Meskipun pemerintah setuju tahun lalu untuk beralih dari bahan bakar fosil, ada nada tegas dalam pertemuan tahun ini dengan Ilham Aliyev, presiden negara tuan rumah, Azerbaijan, menyebut minyak dan gas sebagai “karunia Tuhan” dan Argentina, dipimpin oleh presiden populis Javier Milei, meninggalkan perundingan di tengah spekulasi negara akan keluar dari perjanjian iklim Paris.

Kekurangan kemajuan dalam memangkas emisi, atau dalam menyetujui keuangan iklim bagi negara berkembang yang rentan, telah membuat geram aktivis. “Kami memulai Cop29 dengan alarm bahwa hasil pemilihan presiden AS akan menghalangi tindakan iklim global – rupanya, ruang Cop29 sudah banjir dengan banyak Trump,” kata Gerry Arances, direktur eksekutif Pusat Energi, Ekologi, dan Pengembangan, tentang kekurangan dana dari negara-negara kaya.

“Kami bertanya-tanya bagaimana pemerintah negara-negara yang telah lama mencemari lingkungan masih berani menunjukkan wajah mereka dengan klaim kepemimpinan dan komitmen iklim.”

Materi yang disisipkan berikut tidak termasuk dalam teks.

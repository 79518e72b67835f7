-- ===== src/Paging/Cover.antt =====
-- The pages in order hold every row once.
use nexus_hub_contract.Prelude.{
  All, All-take, All-drop, drop, ℕ, zero, suc, ◌+◌, ◌-◌, ◌*◌, ◌/◌, ◌≤◌, ◌<◌, ◌≡◌, refl, ap, ◌∙◌,
  some, List, [], ◌∷◌, ◌++◌, take, drop, length, arith,
}
use native.Mathlib.Nat.{zero-add, suc-add, zero-mul, lt-div-mul-add}
use native.Mathlib.Decide.{ℕ_discrete}
use nexus_hub_contract.Paging.{pages_of, rows_of}

-- The rows of the first `n` pages, one page after the other.
pub first_pages : {A : Type 0} → List A → ℕ → ℕ → List A
first_pages all limit zero = []
first_pages all limit (suc n) = first_pages all limit n ++ rows_of all (suc n) limit

take-nil : {A : Type 0} (n : ℕ) → take {A = A} n [] ≡ []
take-nil zero = refl
take-nil (suc n) = refl

take-add : {A : Type 0} (m n : ℕ) (xs : List A) → take m xs ++ take n (drop m xs) ≡ take (m + n) xs
take-add zero n xs = rw zero-add
take-add (suc m) n [] = simp take-nil
take-add (suc m) n (x ∷ xs) = rw suc-add (ap (λ ys. x ∷ ys) (take-add m n xs))

take_all : {A : Type 0} (n : ℕ) (xs : List A) → length xs ≤ n → take n xs ≡ xs
take_all zero [] h = refl
take_all zero (x ∷ xs) h = absurd (omega arith)
take_all (suc n) [] h = refl
take_all (suc n) (x ∷ xs) h = ap (λ ys. x ∷ ys) (take_all n xs (omega arith))

first_pages-take :
    {A : Type 0} (all : List A) (limit n : ℕ) → first_pages all limit n ≡ take (n * limit) all
unfolding first_pages rows_of
first_pages-take all limit zero = rw zero-mul
first_pages-take all limit (suc n) =
    let start : suc n - 1 ≡ n = omega arith in
    let end : n * limit + limit ≡ suc n * limit = omega arith in
    rw (first_pages-take all limit n, start, take-add, end)

pages-suffice : (total limit n : ℕ) → pages_of total limit ≡ some n → total ≤ n * limit
unfolding pages_of
pages-suffice total limit n h = elim (ℕ_discrete limit 0) [
  | yes none_fit ↦ absurd (ground arith)
  | no positive ↦
      let a = total + (limit - 1) in
      let quotient : a / limit ≡ n = ground arith in
      let below : a < a / limit * limit + limit = lt-div-mul-add (omega arith) in
      let above : a < n * limit + limit = rw quotient at below in omega arith
]

-- The pages from 1 to `pages`, read in order, are the whole list: no row is lost or repeated.
pub pages_cover :
    {A : Type 0} (all : List A) (limit n : ℕ)
    → pages_of (length all) limit ≡ some n
    → first_pages all limit n ≡ all
pages_cover all limit n h =
    first_pages-take all limit n ∙ take_all (n * limit) all (pages-suffice (length all) limit n h)

-- What holds of every row holds of every row of a page.
pub rows-All :
    {A : Type 0} (P : A → Type 0) (all : List A) (page limit : ℕ)
    → All P all
    → All P (rows_of all page limit)
unfolding rows_of
rows-All P all page limit h =
    All-take P limit (drop ((page - 1) * limit) all) (All-drop P ((page - 1) * limit) all h)
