-- ===== src/Balances/Laws.antt =====
-- Whose transactions a history shows.
use nexus_hub_contract.Prelude.{ℕ, String, ◌≡◌, true, Option, All, All-map, refl, arith}
use nexus_hub_contract.Model.Enums.{TransactionType}
use nexus_hub_contract.Model.Rows.{Transaction}
use nexus_hub_contract.Prisma.Client.{Client, IsLawful}
use nexus_hub_contract.Prisma.World.{World}
use nexus_hub_contract.Prisma.Action.{ok}
use nexus_hub_contract.Paging.{Page, to_page, rows_of, pages_of}
use nexus_hub_contract.Paging.Cover.{rows-All}
use nexus_hub_contract.Balances.{of_type, of_user, get_transaction_history}

module _ (c : Client) (laws : IsLawful c) where
  -- A page of a history holds transactions of the user alone, and of the type that was asked for;
  -- its total counts all of them, and the read changes nothing.
  pub get_transaction_history_own :
      (user : String) (page limit : ℕ) (type : Option TransactionType) (w : World c)
      → (p : Page Transaction) × (get_transaction_history c user page limit type w ≡ (ok p, w))
        × All (λ t. (t.user_id ≡ user) × (of_type type t ≡ true)) p.rows
        × (p.total ≡ c.count Transaction (of_user user type) w.db.transactions)
        × (p.pages ≡ pages_of p.total limit)
  unfolding get_transaction_history to_page
  get_transaction_history_own user page limit type w =
      let all = c.find_many Transaction (of_user user type) w.db.transactions in
      let total = c.count Transaction (of_user user type) w.db.transactions in
      let own =
        All-map {P = λ t. of_user user type t ≡ true}
          {Q = λ t. (t.user_id ≡ user) × (of_type type t ≡ true)}
          (λ t h. (ground arith, ground arith)) (rows_of all page limit)
          (rows-All _ all page limit (laws.find_many-All Transaction (of_user user type) _)) in
      (to_page all total page limit, refl, own, refl, refl)
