-- ===== src/Contract.antt =====
-- NexusEscrow, the contract of contracts/nexus-escrow/src on Stellar: the escrow records that it
-- stores, and the tokens that it holds for them.
pub mod Bytes
pub mod Types
pub mod Host
pub mod Storage
pub mod Admin
pub mod Progress
pub mod Settlement
pub mod Calls
pub mod Lifecycle
pub mod Solvency
pub mod History
pub mod Payout
pub mod Expiry
pub mod Fees
pub mod Pause
pub mod Memory
pub mod Interface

Bahkan beberapa pemimpin telah secara terbuka mengekspresikan frustrasi serupa. “Apa yang kita lakukan dalam pertemuan ini?” kata Edi Rama, perdana menteri Albania. “Apa artinya bagi masa depan dunia jika pencemar terbesar terus seperti biasa?”

Meskipun tahun ini juga melihat kemajuan dalam pertumbuhan energi terbarukan dan harapan bahwa penggunaan minyak akan segera mencapai puncak, penundaan yang terus berlanjut ini dan masa kepresidenan Trump yang mengancam telah meredakan optimisme. “Orang-orang mengatakan pada tahun 2016 ketika Trump memenangkan bahwa itu mungkin tidak sepenuhnya apokaliptik seperti yang diantisipasi,” kata Müller. “Tetapi sekarang kita tidak memiliki ruang lingkup dengan perubahan iklim. Kami kehabisan waktu yang berharga. Setiap hari yang hilang sekarang penting.”